Please repeat the lines below, exactly and only, from the one that holds "unfoldable pub access_claims" through the one that holds "(now +ℤ pos site.access_ttl))".

EXTRACTED RECORDS section start

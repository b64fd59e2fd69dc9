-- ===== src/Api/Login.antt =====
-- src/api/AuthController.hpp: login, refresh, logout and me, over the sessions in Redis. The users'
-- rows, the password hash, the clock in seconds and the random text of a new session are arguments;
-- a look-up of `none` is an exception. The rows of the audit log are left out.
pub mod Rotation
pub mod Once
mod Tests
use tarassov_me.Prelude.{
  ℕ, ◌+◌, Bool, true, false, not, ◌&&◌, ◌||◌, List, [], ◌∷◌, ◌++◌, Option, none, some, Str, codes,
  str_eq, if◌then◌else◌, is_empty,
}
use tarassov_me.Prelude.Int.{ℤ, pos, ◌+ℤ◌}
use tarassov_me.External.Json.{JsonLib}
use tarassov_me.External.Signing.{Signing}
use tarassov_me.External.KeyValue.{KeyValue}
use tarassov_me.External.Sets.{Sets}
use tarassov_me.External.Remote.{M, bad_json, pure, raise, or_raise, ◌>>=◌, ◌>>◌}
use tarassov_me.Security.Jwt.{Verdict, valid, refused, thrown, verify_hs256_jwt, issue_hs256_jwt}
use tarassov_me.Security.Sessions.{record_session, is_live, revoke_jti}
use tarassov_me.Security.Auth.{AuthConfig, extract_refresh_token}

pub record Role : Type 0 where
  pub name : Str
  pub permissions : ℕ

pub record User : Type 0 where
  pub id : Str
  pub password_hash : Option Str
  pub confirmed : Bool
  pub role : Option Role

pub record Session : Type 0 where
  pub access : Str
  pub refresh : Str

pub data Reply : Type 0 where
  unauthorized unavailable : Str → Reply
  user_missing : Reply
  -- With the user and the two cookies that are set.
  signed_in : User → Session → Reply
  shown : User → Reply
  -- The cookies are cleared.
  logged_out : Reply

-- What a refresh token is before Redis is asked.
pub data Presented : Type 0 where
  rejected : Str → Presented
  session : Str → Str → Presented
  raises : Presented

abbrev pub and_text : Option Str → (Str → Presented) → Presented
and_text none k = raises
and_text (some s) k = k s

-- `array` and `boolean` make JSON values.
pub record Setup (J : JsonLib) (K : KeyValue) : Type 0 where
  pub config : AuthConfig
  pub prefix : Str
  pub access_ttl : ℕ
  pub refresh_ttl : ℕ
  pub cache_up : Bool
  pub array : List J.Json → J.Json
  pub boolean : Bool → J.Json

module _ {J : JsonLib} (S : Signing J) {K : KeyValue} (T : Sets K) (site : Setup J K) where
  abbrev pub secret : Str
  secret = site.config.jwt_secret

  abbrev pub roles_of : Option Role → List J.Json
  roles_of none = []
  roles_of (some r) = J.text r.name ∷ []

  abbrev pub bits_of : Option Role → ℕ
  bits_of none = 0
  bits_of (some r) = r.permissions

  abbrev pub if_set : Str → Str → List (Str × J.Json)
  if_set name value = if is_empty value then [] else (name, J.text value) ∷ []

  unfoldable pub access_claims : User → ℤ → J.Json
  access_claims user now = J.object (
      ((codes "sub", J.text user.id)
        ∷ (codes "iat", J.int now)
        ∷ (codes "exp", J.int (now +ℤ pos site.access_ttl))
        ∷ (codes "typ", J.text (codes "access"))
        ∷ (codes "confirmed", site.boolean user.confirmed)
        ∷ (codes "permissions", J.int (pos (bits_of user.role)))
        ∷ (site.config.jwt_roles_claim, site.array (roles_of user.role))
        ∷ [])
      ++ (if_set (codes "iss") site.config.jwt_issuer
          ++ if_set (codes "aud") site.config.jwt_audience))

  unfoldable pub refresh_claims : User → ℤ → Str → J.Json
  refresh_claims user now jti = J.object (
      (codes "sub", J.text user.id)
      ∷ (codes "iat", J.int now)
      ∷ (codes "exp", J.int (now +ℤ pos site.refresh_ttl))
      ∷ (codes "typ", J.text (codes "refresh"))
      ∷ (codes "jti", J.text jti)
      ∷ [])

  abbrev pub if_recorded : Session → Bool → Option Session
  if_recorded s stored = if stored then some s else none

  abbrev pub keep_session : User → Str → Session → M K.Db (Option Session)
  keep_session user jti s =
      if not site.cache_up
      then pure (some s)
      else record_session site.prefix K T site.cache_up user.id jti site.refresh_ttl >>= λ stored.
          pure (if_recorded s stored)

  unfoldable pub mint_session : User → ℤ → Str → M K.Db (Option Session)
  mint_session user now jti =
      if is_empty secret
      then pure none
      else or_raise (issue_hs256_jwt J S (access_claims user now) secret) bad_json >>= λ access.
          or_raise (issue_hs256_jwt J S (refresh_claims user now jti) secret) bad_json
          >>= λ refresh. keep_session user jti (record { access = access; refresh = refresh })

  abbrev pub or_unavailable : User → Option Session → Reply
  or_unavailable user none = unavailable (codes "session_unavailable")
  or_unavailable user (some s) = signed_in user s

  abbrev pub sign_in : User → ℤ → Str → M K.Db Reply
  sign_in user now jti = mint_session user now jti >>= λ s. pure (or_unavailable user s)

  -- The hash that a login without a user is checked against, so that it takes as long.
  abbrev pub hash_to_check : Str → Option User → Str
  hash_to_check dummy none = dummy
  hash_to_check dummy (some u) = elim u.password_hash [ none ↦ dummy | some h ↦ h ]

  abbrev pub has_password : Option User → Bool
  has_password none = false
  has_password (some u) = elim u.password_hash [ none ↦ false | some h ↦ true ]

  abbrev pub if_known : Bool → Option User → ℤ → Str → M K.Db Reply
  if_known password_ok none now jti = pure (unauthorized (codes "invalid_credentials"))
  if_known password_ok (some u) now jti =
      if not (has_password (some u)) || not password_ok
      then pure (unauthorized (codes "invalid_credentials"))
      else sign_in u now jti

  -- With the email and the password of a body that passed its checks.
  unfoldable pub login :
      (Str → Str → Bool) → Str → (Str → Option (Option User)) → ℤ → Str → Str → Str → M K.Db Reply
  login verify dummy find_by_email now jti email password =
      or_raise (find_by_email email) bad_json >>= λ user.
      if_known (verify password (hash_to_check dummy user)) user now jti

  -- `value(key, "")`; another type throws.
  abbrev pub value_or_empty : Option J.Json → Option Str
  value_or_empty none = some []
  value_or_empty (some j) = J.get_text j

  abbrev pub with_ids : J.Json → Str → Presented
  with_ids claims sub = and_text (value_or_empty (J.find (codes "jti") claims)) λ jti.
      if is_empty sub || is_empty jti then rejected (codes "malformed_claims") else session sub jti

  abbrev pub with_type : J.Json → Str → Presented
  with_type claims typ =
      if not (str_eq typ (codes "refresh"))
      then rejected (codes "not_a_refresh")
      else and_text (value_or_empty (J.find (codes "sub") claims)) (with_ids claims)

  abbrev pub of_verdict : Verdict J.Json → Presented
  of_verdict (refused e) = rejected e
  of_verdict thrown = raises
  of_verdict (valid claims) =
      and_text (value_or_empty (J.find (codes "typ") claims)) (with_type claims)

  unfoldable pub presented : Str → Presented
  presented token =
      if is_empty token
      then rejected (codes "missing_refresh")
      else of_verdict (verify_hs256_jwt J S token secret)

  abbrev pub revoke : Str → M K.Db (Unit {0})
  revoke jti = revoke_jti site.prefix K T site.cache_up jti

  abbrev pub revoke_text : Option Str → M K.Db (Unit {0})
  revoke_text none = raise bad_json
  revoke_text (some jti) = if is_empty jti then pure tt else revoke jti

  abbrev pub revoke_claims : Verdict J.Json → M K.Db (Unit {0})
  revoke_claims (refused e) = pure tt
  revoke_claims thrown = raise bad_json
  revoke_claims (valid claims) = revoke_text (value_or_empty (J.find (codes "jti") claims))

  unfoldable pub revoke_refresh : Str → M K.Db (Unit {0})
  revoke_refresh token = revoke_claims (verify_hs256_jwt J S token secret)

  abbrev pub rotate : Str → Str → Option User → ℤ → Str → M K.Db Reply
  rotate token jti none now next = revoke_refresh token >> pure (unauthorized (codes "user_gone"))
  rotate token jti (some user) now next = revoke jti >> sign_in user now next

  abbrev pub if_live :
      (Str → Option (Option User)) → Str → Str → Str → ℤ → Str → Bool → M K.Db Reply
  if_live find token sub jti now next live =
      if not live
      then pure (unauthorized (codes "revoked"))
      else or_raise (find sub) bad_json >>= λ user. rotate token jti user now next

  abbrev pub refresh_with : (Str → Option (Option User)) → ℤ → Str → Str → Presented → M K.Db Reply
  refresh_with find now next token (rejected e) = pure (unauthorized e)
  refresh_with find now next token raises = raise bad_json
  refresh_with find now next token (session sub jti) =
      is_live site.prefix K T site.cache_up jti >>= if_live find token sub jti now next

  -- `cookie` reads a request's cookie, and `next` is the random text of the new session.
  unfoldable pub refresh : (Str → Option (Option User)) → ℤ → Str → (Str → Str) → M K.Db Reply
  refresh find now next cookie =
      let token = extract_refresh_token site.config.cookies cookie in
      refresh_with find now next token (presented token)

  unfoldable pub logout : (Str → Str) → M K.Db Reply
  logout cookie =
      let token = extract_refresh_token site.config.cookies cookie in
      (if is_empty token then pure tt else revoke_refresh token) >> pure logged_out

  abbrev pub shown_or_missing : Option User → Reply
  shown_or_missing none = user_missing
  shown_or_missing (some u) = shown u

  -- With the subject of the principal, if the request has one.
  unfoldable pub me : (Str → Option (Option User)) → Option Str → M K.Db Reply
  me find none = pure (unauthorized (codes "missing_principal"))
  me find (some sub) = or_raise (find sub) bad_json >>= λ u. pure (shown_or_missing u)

EXTRACTED RECORDS section end

- REPLY -
  unfoldable pub access_claims : User → ℤ → J.Json
  access_claims user now = J.object (
      ((codes "sub", J.text user.id)
        ∷ (codes "iat", J.int now)
        ∷ (codes "exp", J.int (now +ℤ pos site.access_ttl))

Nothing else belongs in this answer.